Answer the Following Question. Describe Any Two Characteristic Features Which Distinguish Between Interference and Diffraction Phenomena. Derive the Expression for the Intensity - Physics

Answer in Brief

Answer the following question.
Describe any two characteristic features which distinguish between interference and diffraction phenomena. Derive the expression for the intensity at a point of the interference pattern in Young's double-slit experiment.

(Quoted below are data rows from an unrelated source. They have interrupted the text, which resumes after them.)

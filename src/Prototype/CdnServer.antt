-- ===== src/Prototype/CdnServer.antt =====
-- prototype/hosts/cdn-server.py: the server that stores the frames of the broadcaster and passes each
-- on to the viewer. `clock` is the time that goes into the header of a pushed frame, by the number of
-- frames so far; the time that is only printed is left out.
use p2p_livestreaming.Prelude.{
  ℕ, zero, suc, Option, none, some, List, [], ◌∷◌, ◌++◌, if◌then◌else◌, Bytes, bytes_eq,
}
use p2p_livestreaming.Prototype.{
  get_timestamp, parse_timestamp, frame_beg, frame_end, bcast_beg, bcast_end, ctrl_msg_len, Sock,
  recv, got, ended, assertion_error, spinning, recv_frame,
}

pub record CdnServer : Type 0 where
  pub storage : List Bytes
  pub pushed : Bytes
  pub frame_cnt : ℕ

pub data Fault : Type 0 where
  struct_error assertion_failed index_error : Fault

-- `serving`: a loop did not end within its fuel.
pub data Serving : Type 0 where
  served : CdnServer → Serving
  raised : Fault → CdnServer → Serving
  serving : Serving

-- `storage[-1]`
unfoldable pub last : List Bytes → Option Bytes
last [] = none
last (x ∷ []) = some x
last (_ ∷ y ∷ ys) = last (y ∷ ys)

abbrev pub push : Bytes → CdnServer → CdnServer
push bytes c = record c { pushed = c.pushed ++ bytes }

-- The server before the broadcast.
abbrev pub idle : CdnServer
idle = record { storage = []; pushed = []; frame_cnt = 0 }

-- What is stored and counted of a received frame.
abbrev pub store : Bytes → CdnServer → CdnServer
store frame c = record c { storage = c.storage ++ frame ∷ []; frame_cnt = suc c.frame_cnt }

module _ {Time : Type 0} (pack_time : Time → Bytes) (unpack_time : Bytes → Option Time)
    (clock : ℕ → Time) where
  -- `_push_frame`
  unfoldable pub push_frame : Time → CdnServer → Serving
  unfolding last
  push_frame now c = elim (last c.storage) [
    | none ↦ raised index_error (push frame_beg c)
    | some frame ↦
        served (push (frame_beg ++ ((get_timestamp pack_time now ++ frame) ++ frame_end)) c)
  ]

  -- The loop over `_recv_frame` and `_push_frame`.
  unfoldable pub serve_loop : (fuel inner : ℕ) → CdnServer → Sock → Serving
  unfolding recv_frame push_frame
  serve_loop zero inner c s = serving
  serve_loop (suc fuel) inner c s = elim (recv_frame inner s) [
    | spinning ↦ serving
    | assertion_error ↦ raised assertion_failed c
    | ended s₁ ↦ served (push bcast_end c)
    | got header frame s₁ ↦ elim (parse_timestamp unpack_time header) [
      | none ↦ raised struct_error c
      | some sent_at ↦ elim (push_frame (clock c.frame_cnt) (store frame c)) [
        | raised x c₁ ↦ raised x c₁
        | serving ↦ serving
        | served c₁ ↦ serve_loop fuel inner c₁ s₁
      ]
    ]
  ]

  -- `run`
  unfoldable pub run : ℕ → Sock → Serving
  unfolding recv serve_loop bytes_eq
  run fuel s =
      let (msg, s₁) = recv ctrl_msg_len s in
      if bytes_eq msg bcast_beg
      then serve_loop fuel fuel (push bcast_beg idle) s₁
      else raised assertion_failed idle

-- The main block, on the arguments behind the script's name; `none` is a failed assertion on their
-- number or a port that `int` rejects. What arrives on the port and what `run` makes of it is
-- `serving_on`.
unfoldable pub main :
    (int : Bytes → Option ℕ) → (serving_on : ℕ → Serving) → (args : List Bytes) → Option Serving
main int serving_on (listen_port ∷ viewer_host ∷ viewer_port ∷ []) = elim (int listen_port) [
  | none ↦ none
  | some p ↦ elim (int viewer_port) [ none ↦ none | some _ ↦ some (serving_on p) ]
]
main int serving_on _ = none
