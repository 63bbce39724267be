-- ===== src/Prototype/Sockets.antt =====
-- What `recv` gives of a stream and how a frame is filled up, however the network cuts the stream.
use p2p_livestreaming.Prelude.{
  ℕ, zero, suc, ◌+◌, ◌-◌, ◌≤◌, ◌<◌, ◌≡◌, refl, sym, ap, ◌∙◌, Option, some, List, [], ◌∷◌, ◌++◌,
  arith, All, lt→ltb, length, take, drop, length-append, take-append_length, drop-append_length,
  length-take, length-drop, take-append-drop, Bytes, bytes_eq, append_nil,
}
use mathlib.Core.List.{append_assoc}
use p2p_livestreaming.Prototype.{
  frame_size, Sock, rest_sizes, granted, recv, begun, over, await_frame, fill, Received, got,
  checked, recv_content,
}

-- The network never cuts a header: each call hands over 8 bytes or more, if so many are asked for
-- and there.
abbrev pub IsCoarse : List ℕ → Type 0
IsCoarse = All (λ k. 7 ≤ k)

pub IsCoarse-rest_sizes : (ks : List ℕ) → IsCoarse ks → IsCoarse (rest_sizes ks)
IsCoarse-rest_sizes [] h = tt
IsCoarse-rest_sizes (k ∷ ks) h = h.1

take-append : (n : ℕ) (xs ys : Bytes) → n ≤ length xs → take n (xs ++ ys) ≡ take n xs
take-append zero xs ys h = refl
take-append (suc n) [] ys h = absurd (omega arith)
take-append (suc n) (x ∷ xs) ys h = ap (◌∷◌ x) (take-append n xs ys (omega arith))

drop-append : (n : ℕ) (xs ys : Bytes) → n ≤ length xs → drop n (xs ++ ys) ≡ drop n xs ++ ys
drop-append zero xs ys h = refl
drop-append (suc n) [] ys h = absurd (omega arith)
drop-append (suc n) (x ∷ xs) ys h = drop-append n xs ys (omega arith)

granted-le : (n : ℕ) (ks : List ℕ) → granted n ks ≤ n
granted-le n [] = omega arith
granted-le n (k ∷ ks) = omega arith

granted-pos : (n : ℕ) (ks : List ℕ) → 1 ≤ n → 1 ≤ granted n ks
granted-pos n [] h = h
granted-pos n (k ∷ ks) h = omega arith

pub granted_one : (ks : List ℕ) → granted 1 ks ≡ 1
granted_one [] = refl
granted_one (k ∷ ks) = omega arith

granted_header : (ks : List ℕ) → IsCoarse ks → granted 8 ks ≡ 8
granted_header [] h = refl
granted_header (k ∷ ks) h = omega (arith, h.0)

abbrev pub sock : List ℕ → Bytes → Sock
sock ks s = record { sizes = ks; stream = s }

-- What `recv` gives of a stream that starts with as many bytes as are asked for.
pub recv-append :
    (ks : List ℕ) (part r : Bytes)
    → recv (length part) (sock ks (part ++ r)) ≡ (
      take (granted (length part) ks) part,
      sock (rest_sizes ks) (drop (granted (length part) ks) part ++ r),
    )
unfolding recv
recv-append ks part r =
    rw
      (
        take-append (granted (length part) ks) part r (granted-le (length part) ks),
        drop-append (granted (length part) ks) part r (granted-le (length part) ks),
      )
      refl

pub recv_one :
    (ks : List ℕ) (b : ℕ) (r : Bytes) → recv 1 (sock ks (b ∷ r)) ≡ (b ∷ [], sock (rest_sizes ks) r)
unfolding recv
recv_one ks b r = rw (granted_one ks) refl

pub await_frame-beg :
    (fuel : ℕ) (ks : List ℕ) (r : Bytes)
    → await_frame (suc fuel) (sock ks (1 ∷ r)) ≡ begun (sock (rest_sizes ks) r)
unfolding await_frame recv bytes_eq
await_frame-beg fuel ks r = rw (granted_one ks) refl

pub await_frame-over :
    (fuel : ℕ) (ks : List ℕ) (r : Bytes)
    → await_frame (suc fuel) (sock ks (4 ∷ r)) ≡ over (sock (rest_sizes ks) r)
unfolding await_frame recv bytes_eq
await_frame-over fuel ks r = rw (granted_one ks) refl

pub await_frame-end :
    (fuel : ℕ) (ks : List ℕ) (r : Bytes)
    → await_frame (suc fuel) (sock ks (2 ∷ r)) ≡ await_frame fuel (sock (rest_sizes ks) r)
unfolding await_frame recv bytes_eq
await_frame-end fuel ks r = rw (granted_one ks) refl

-- The outcome of a read that leaves `r` in a stream that is still coarse.
abbrev pub Leaves {ℓ} : {A : Type ℓ} → A → (Sock → A) → Bytes → Type ℓ
Leaves x f r = (ks : List ℕ) × IsCoarse ks × (x ≡ f (sock ks r))

abbrev pub fill_from : ℕ → Bytes → Bytes × Sock → Option (Bytes × Sock)
fill_from fuel frame (more, s) = fill fuel (frame ++ more) s

pub fill-step :
    (fuel : ℕ) (frame : Bytes) (s : Sock)
    → length frame < frame_size
    → fill (suc fuel) frame s ≡ fill_from fuel frame (recv (frame_size - length frame) s)
unfolding fill
fill-step fuel frame s lt = rw (lt→ltb (length frame) frame_size lt) refl

fill_full :
    (fuel : ℕ) (frame : Bytes) (s : Sock)
    → length frame ≡ frame_size
    → fill fuel frame s ≡ some (frame, s)
unfolding fill
fill_full zero frame s full = ground arith
fill_full (suc fuel) frame s full = ground arith

pub fill-part :
    (fuel : ℕ) (ks : List ℕ) (frame part r : Bytes)
    → length frame + length part ≡ frame_size
    → length part ≤ fuel
    → IsCoarse ks
    → Leaves (fill fuel frame (sock ks (part ++ r))) (λ s. some (frame ++ part, s)) r
fill-part fuel ks frame [] r total le c =
    (ks, c, rw (append_nil frame) (fill_full fuel frame (sock ks r) (omega arith)))
fill-part zero ks frame (b ∷ part) r total le c = absurd (omega arith)
fill-part (suc fuel) ks frame (b ∷ part) r total le c =
    let whole = b ∷ part in
    let n = granted (length whole) ks in
    let pos = granted-pos (length whole) ks (omega arith) in
    let below = granted-le (length whole) ks in
    let (ks', c', e) =
      fill-part fuel (rest_sizes ks) (frame ++ take n whole) (drop n whole) r
        (omega
          (arith, length-append frame (take n whole), length-take n whole, length-drop n whole))
        (omega (arith, length-drop n whole)) (IsCoarse-rest_sizes ks c) in
    (
      ks',
      c',
      fill-step fuel frame (sock ks (whole ++ r)) (omega arith)
          ∙ ap (λ m. fill_from fuel frame (recv m (sock ks (whole ++ r))))
              {x = frame_size - length frame} {y = length whole} (omega arith)
          ∙ ap (fill_from fuel frame) (recv-append ks whole r)
          ∙ e
          ∙ ap (λ f. some (f, sock ks' r))
              (append_assoc frame (take n whole) (drop n whole)
                ∙ ap (λ v. frame ++ v) (take-append-drop n whole)),
    )

pub recv_header :
    (ks : List ℕ) (header r : Bytes)
    → length header ≡ 8
    → IsCoarse ks
    → recv 8 (sock ks (header ++ r)) ≡ (header, sock (rest_sizes ks) r)
unfolding recv
recv_header ks header r h c =
    ap (λ n. (take n (header ++ r), sock (rest_sizes ks) (drop n (header ++ r))))
      (granted_header ks c ∙ sym h)
    ∙ rw (take-append_length header r, drop-append_length header r) refl

abbrev pub content_of : ℕ → Bytes × Sock → Received
content_of fuel (header, s) = checked header (fill_from fuel [] (recv frame_size s))

pub recv_content-recv : (fuel : ℕ) (s : Sock) → recv_content fuel s ≡ content_of fuel (recv 8 s)
unfolding recv_content
recv_content-recv fuel s = refl

pub checked_full :
    (header frame : Bytes) (s : Sock)
    → length frame ≡ frame_size
    → checked header (some (frame, s)) ≡ got header frame s
checked_full header frame s f = ground arith
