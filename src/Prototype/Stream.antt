-- ===== src/Prototype/Stream.antt =====
-- What the routines of the frame protocol read, however the network cuts the stream.
use p2p_livestreaming.Prelude.{
  ℕ, zero, suc, ◌≤◌, ◌≡◌, refl, sym, ap, ◌∙◌, List, [], ◌∷◌, ◌++◌, arith, length, Bytes, bytes_eq,
}
use p2p_livestreaming.Prototype.{
  frame_size, Sock, rest_sizes, recv, Awaited, begun, over, waiting, await_frame, Received, got,
  ended, spinning, checked, recv_content, recv_frame,
}
use p2p_livestreaming.Prototype.Sockets.{
  granted_one, IsCoarse, IsCoarse-rest_sizes, sock, await_frame-beg, await_frame-over,
  await_frame-end, Leaves, fill-step, fill-part, recv_header, content_of, recv_content-recv,
  checked_full,
}

-- Once the frame has begun: a header and a frame are read as they were sent.
recv_content-append :
    (fuel : ℕ) (ks : List ℕ) (header frame r : Bytes)
    → length header ≡ 8
    → length frame ≡ frame_size
    → frame_size ≤ suc fuel
    → IsCoarse ks
    → Leaves (recv_content fuel (sock ks (header ++ (frame ++ r)))) (got header frame) r
recv_content-append fuel ks header frame r h f le c =
    let (ks', c', e) =
      fill-part (suc fuel) (rest_sizes ks) [] frame r (omega arith) (omega arith)
        (IsCoarse-rest_sizes ks c) in
    (
      ks',
      c',
      recv_content-recv fuel (sock ks (header ++ (frame ++ r)))
          ∙ ap (content_of fuel) (recv_header ks header (frame ++ r) h c)
          ∙ ap (checked header)
              (sym (fill-step fuel [] (sock (rest_sizes ks) (frame ++ r)) (omega arith)) ∙ e)
          ∙ checked_full header frame (sock ks' r) f,
    )

abbrev pub received : ℕ → Awaited → Received
received fuel waiting = spinning
received fuel (over s) = ended s
received fuel (begun s) = recv_content fuel s

pub recv_frame-await :
    (fuel : ℕ) (s : Sock) → recv_frame fuel s ≡ received fuel (await_frame fuel s)
unfolding recv_frame
recv_frame-await fuel s = elim (await_frame fuel s) [
  | waiting ↦ refl
  | over s₁ ↦ refl
  | begun s₁ ↦ refl
]

-- The control byte of the frame before is skipped.
pub data Gap : Bytes → Type 0 where
  none_before : Gap []
  end_before : Gap (2 ∷ [])

pub await_frame-Gap :
    (fuel : ℕ) (ks : List ℕ) (gap r : Bytes)
    → Gap gap
    → IsCoarse ks
    → (b : ℕ) (f : Sock → Awaited)
    → ((n : ℕ) (js : List ℕ) → await_frame (suc n) (sock js (b ∷ r)) ≡ f (sock (rest_sizes js) r))
    → Leaves (await_frame (suc (suc fuel)) (sock ks (gap ++ (b ∷ r)))) f r
await_frame-Gap fuel ks _ r none_before c b f h =
    (rest_sizes ks, IsCoarse-rest_sizes ks c, h (suc fuel) ks)
await_frame-Gap fuel ks _ r end_before c b f h = (
  rest_sizes (rest_sizes ks),
  IsCoarse-rest_sizes (rest_sizes ks) (IsCoarse-rest_sizes ks c),
  await_frame-end (suc fuel) ks (b ∷ r) ∙ h fuel (rest_sizes ks),
)

-- A frame of the sender is received whole, however the network cuts it behind the header.
pub recv_frame-frame :
    (fuel : ℕ) (ks : List ℕ) (gap header frame r : Bytes)
    → Gap gap
    → length header ≡ 8
    → length frame ≡ frame_size
    → frame_size ≤ fuel
    → IsCoarse ks
    → Leaves
        (recv_frame (suc fuel) (sock ks (gap ++ (1 ∷ (header ++ (frame ++ r))))))
        (got header frame)
        r
recv_frame-frame zero ks gap header frame r g h f le c = absurd (omega arith)
recv_frame-frame (suc fuel) ks gap header frame r g h f le c =
    let (ks₁, c₁, e₁) =
      await_frame-Gap fuel ks gap (header ++ (frame ++ r)) g c 1 begun
        (λ n js. await_frame-beg n js (header ++ (frame ++ r))) in
    let (ks₂, c₂, e₂) =
      recv_content-append (suc (suc fuel)) ks₁ header frame r h f (omega arith) c₁ in
    (
      ks₂,
      c₂,
      recv_frame-await (suc (suc fuel)) (sock ks (gap ++ (1 ∷ (header ++ (frame ++ r)))))
          ∙ ap (received (suc (suc fuel))) e₁
          ∙ e₂,
    )

-- The end of the broadcast is recognised.
pub recv_frame-over :
    (fuel : ℕ) (ks : List ℕ) (gap r : Bytes)
    → Gap gap
    → IsCoarse ks
    → Leaves (recv_frame (suc (suc fuel)) (sock ks (gap ++ (4 ∷ r)))) ended r
recv_frame-over fuel ks gap r g c =
    let (ks₁, c₁, e₁) =
      await_frame-Gap fuel ks gap r g c 4 over (λ n js. await_frame-over n js r) in
    (
      ks₁,
      c₁,
      recv_frame-await (suc (suc fuel)) (sock ks (gap ++ (4 ∷ r)))
          ∙ ap (received (suc (suc fuel))) e₁,
    )

await_frame_closed : (fuel : ℕ) (ks : List ℕ) → await_frame fuel (sock ks []) ≡ waiting
unfolding await_frame recv bytes_eq
await_frame_closed zero ks = refl
await_frame_closed (suc fuel) ks = rw (granted_one ks) (await_frame_closed fuel (rest_sizes ks))

-- A receiver never notices that the connection is closed between two frames: whatever the fuel, the
-- wait for the next frame has not ended.
pub recv_frame_closed : (fuel : ℕ) (ks : List ℕ) → recv_frame fuel (sock ks []) ≡ spinning
recv_frame_closed fuel ks =
    recv_frame-await fuel (sock ks []) ∙ ap (received fuel) (await_frame_closed fuel ks)
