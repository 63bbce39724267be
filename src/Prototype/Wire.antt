-- ===== src/Prototype/Wire.antt =====
-- What the broadcaster of the prototype sends, as one byte stream, and the video file.
use mathlib.Core.List.{append_assoc}
use p2p_livestreaming.Prelude.{
  ℕ, zero, suc, ◌≤◌, ◌≡◌, refl, sym, ap, ◌∙◌, Option, some, List, [], ◌∷◌, ◌++◌, arith, All, length,
  take, drop, length-append, take-append_length, drop-append_length, get_elem?, Bytes,
}
use p2p_livestreaming.Prototype.{frame_size, frame_beg, frame_end}
use p2p_livestreaming.Prototype.Broadcaster.{
  write_video, load_frames, load_video, sent, ◌>>=◌, send_frame, send_frames, broadcast,
}

-- What `struct` promises of a packed time: 8 bytes that are read back.
pub record IsPacking {Time : Type 0} (pack_time : Time → Bytes) (unpack_time : Bytes → Option Time)
    : Type 0 where
  pub eight : (t : Time) → length (pack_time t) ≡ 8
  pub reads : (t : Time) → unpack_time (pack_time t) ≡ some t

abbrev pub IsFrame : Bytes → Type 0
IsFrame frame = length frame ≡ frame_size

-- What is sent behind the start of the broadcast.
abbrev pub frames_from : {Time : Type 0} → (Time → Bytes) → List Time → List Bytes → Bytes
frames_from pack_time [] video = 4 ∷ []
frames_from pack_time (t ∷ ts) [] = []
frames_from pack_time (t ∷ ts) (frame ∷ video) =
    1 ∷ (pack_time t ++ (frame ++ (2 ∷ frames_from pack_time ts video)))

pub get_elem?-drop :
    (idx : ℕ) (video : List Bytes) (frame : Bytes) (rest : List Bytes)
    → drop idx video ≡ frame ∷ rest
    → get_elem? video idx ≡ some frame
get_elem?-drop zero [] frame rest d = cc
get_elem?-drop (suc idx) [] frame rest d = cc
get_elem?-drop zero (f ∷ video) frame rest d = cc
get_elem?-drop (suc idx) (f ∷ video) frame rest d = get_elem?-drop idx video frame rest d

pub drop-suc :
    (idx : ℕ) (video : List Bytes) (frame : Bytes) (rest : List Bytes)
    → drop idx video ≡ frame ∷ rest
    → drop (suc idx) video ≡ rest
drop-suc zero [] frame rest d = cc
drop-suc (suc idx) [] frame rest d = cc
drop-suc zero (f ∷ video) frame rest d = cc
drop-suc (suc idx) (f ∷ video) frame rest d = drop-suc idx video frame rest d

pub send_frame-some :
    {Time : Type 0} (pack_time : Time → Bytes) (video : List Bytes) (t : Time) (idx : ℕ)
    (out frame : Bytes)
    → get_elem? video idx ≡ some frame
    → send_frame pack_time video t idx out
      ≡ sent (out ++ (frame_beg ++ ((pack_time t ++ frame) ++ frame_end)))
unfolding send_frame
send_frame-some pack_time video t idx out frame e = ground (arith, e)

pub regroup :
    (out header frame r : Bytes)
    → (out ++ (frame_beg ++ ((header ++ frame) ++ frame_end))) ++ r
      ≡ out ++ (1 ∷ (header ++ (frame ++ (2 ∷ r))))
regroup out header frame r =
    append_assoc out (frame_beg ++ ((header ++ frame) ++ frame_end)) r
    ∙ ap (λ v. out ++ (1 ∷ v))
        (append_assoc (header ++ frame) (2 ∷ []) r ∙ append_assoc header frame (2 ∷ r))

module _ {Time : Type 0} (pack_time : Time → Bytes) where
  send_frames-frames_from :
      (video rest : List Bytes) (ticks : List Time) (idx : ℕ) (out : Bytes)
      → drop idx video ≡ rest
      → length ticks ≤ length rest
      → send_frames pack_time video ticks idx out ≡ sent (out ++ frames_from pack_time ticks rest)
  unfolding send_frames
  send_frames-frames_from video rest [] idx out d le = refl
  send_frames-frames_from video [] (t ∷ ticks) idx out d le = absurd (omega arith)
  send_frames-frames_from video (frame ∷ rest) (t ∷ ticks) idx out d le =
      ap (λ m. m >>= send_frames pack_time video ticks (suc idx))
        (send_frame-some pack_time video t idx out frame (get_elem?-drop idx video frame rest d))
      ∙ send_frames-frames_from video rest ticks (suc idx)
          (out ++ (frame_beg ++ ((pack_time t ++ frame) ++ frame_end)))
          (drop-suc idx video frame rest d) (omega arith)
      ∙ ap sent (regroup out (pack_time t) frame (frames_from pack_time ticks rest))

  pub broadcast-frames_from :
      (video : List Bytes) (ticks : List Time)
      → length ticks ≤ length video
      → broadcast pack_time video ticks ≡ sent (3 ∷ frames_from pack_time ticks video)
  unfolding broadcast
  broadcast-frames_from video ticks le =
      send_frames-frames_from video video ticks 0 (3 ∷ []) refl le

load_frames-step :
    (fuel : ℕ) (b : ℕ) (rest file : Bytes)
    → take frame_size file ≡ b ∷ rest
    → load_frames (suc fuel) file ≡ (b ∷ rest) ∷ load_frames fuel (drop frame_size file)
unfolding load_frames
load_frames-step fuel b rest file e = ground (arith, e)

write_video-take :
    (frame : Bytes) (video : List Bytes)
    → IsFrame frame
    → take frame_size (write_video (frame ∷ video)) ≡ frame
unfolding write_video
write_video-take frame video h =
    ap (λ n. take n (frame ++ write_video video)) (sym h)
    ∙ take-append_length frame (write_video video)

write_video-drop :
    (frame : Bytes) (video : List Bytes)
    → IsFrame frame
    → drop frame_size (write_video (frame ∷ video)) ≡ write_video video
unfolding write_video
write_video-drop frame video h =
    ap (λ n. drop n (frame ++ write_video video)) (sym h)
    ∙ drop-append_length frame (write_video video)

length-write_video :
    (video : List Bytes) → All IsFrame video → length video ≤ length (write_video video)
unfolding write_video
length-write_video [] h = omega arith
length-write_video (frame ∷ video) h =
    omega (arith, h.0, length-append frame (write_video video), length-write_video video h.1)

load_frames-write_video :
    (fuel : ℕ) (video : List Bytes)
    → All IsFrame video
    → length video ≤ fuel
    → load_frames fuel (write_video video) ≡ video
load_frames-write_video zero [] h le = unfold load_frames in refl
load_frames-write_video (suc fuel) [] h le = unfold load_frames write_video in refl
load_frames-write_video zero (frame ∷ video) h le = absurd (omega arith)
load_frames-write_video (suc fuel) ([] ∷ video) h le = absurd (omega (arith, h.0))
load_frames-write_video (suc fuel) ((b ∷ frame) ∷ video) h le =
    load_frames-step fuel b frame (write_video ((b ∷ frame) ∷ video))
      (write_video-take (b ∷ frame) video h.0)
    ∙ ap (λ f. (b ∷ frame) ∷ load_frames fuel f) (write_video-drop (b ∷ frame) video h.0)
    ∙ ap (◌∷◌ (b ∷ frame)) (load_frames-write_video fuel video h.1 (omega arith))

-- The broadcaster loads from the file exactly the frames that were written into it, if each has the
-- size of a frame.
pub load_video-write_video :
    (video : List Bytes) → All IsFrame video → load_video (write_video video) ≡ video
unfolding load_video
load_video-write_video video h =
    load_frames-write_video (length (write_video video)) video h (length-write_video video h)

Difference between interference and diffraction:
In the interference pattern, the intensity of the dark fringe is completely zero.
In the diffraction pattern, the intensity of secondary minima is minimum, but not completely zero.
In interference pattern the width of all the interference fringes is equal. In diffraction pattern the width of central maxima is large, and on increasing distance, the width of maxima decreases.
In interference pattern the intensity of all the bright bands is equal.
In the diffraction pattern, the intensity of all the secondary maxima is not equal.  

The principle of superposition of light waves:
When two or more wave trains of light travelling in a medium superpose upon each other, the resultant displacement at any instant is equal to the vector sum of the displacements due to individual waves.

If `vecy_1,vecy_2,vecy_3,....` be the displacements due to different waves, then the resultant displacement is given by, `vecy = vecy_1 + vecy_2 + vecy_3 +` ... conditions for constructive and destructive interference:

Let  the displacement of the waves from the source `S_1` and `S_2` at a point P on the screen at any time 't' be given by,
`"y"_1 = a_1 sin omegat`
`"y"_2 = a_2 sin(omegat + phi)`
where `phi` is the constant phase difference between the two waves
by the superposition principal , the resultant displacement at point P is given by,

`"y" = "y"_1 + "y"_2`

= `a_1 sin omegat + a_2 sin (omegat + phi)`

= `a_1 sin omegat + a_2 sin omegat cos phi + a_2 cos omegat sin phi`

`y = (a_1 + a_2 cos phi) sin omegat + a_2 sin phi cos omegat`  ...(i)

Let `a_1 + a_2 cos phi = A cos theta` ...(ii)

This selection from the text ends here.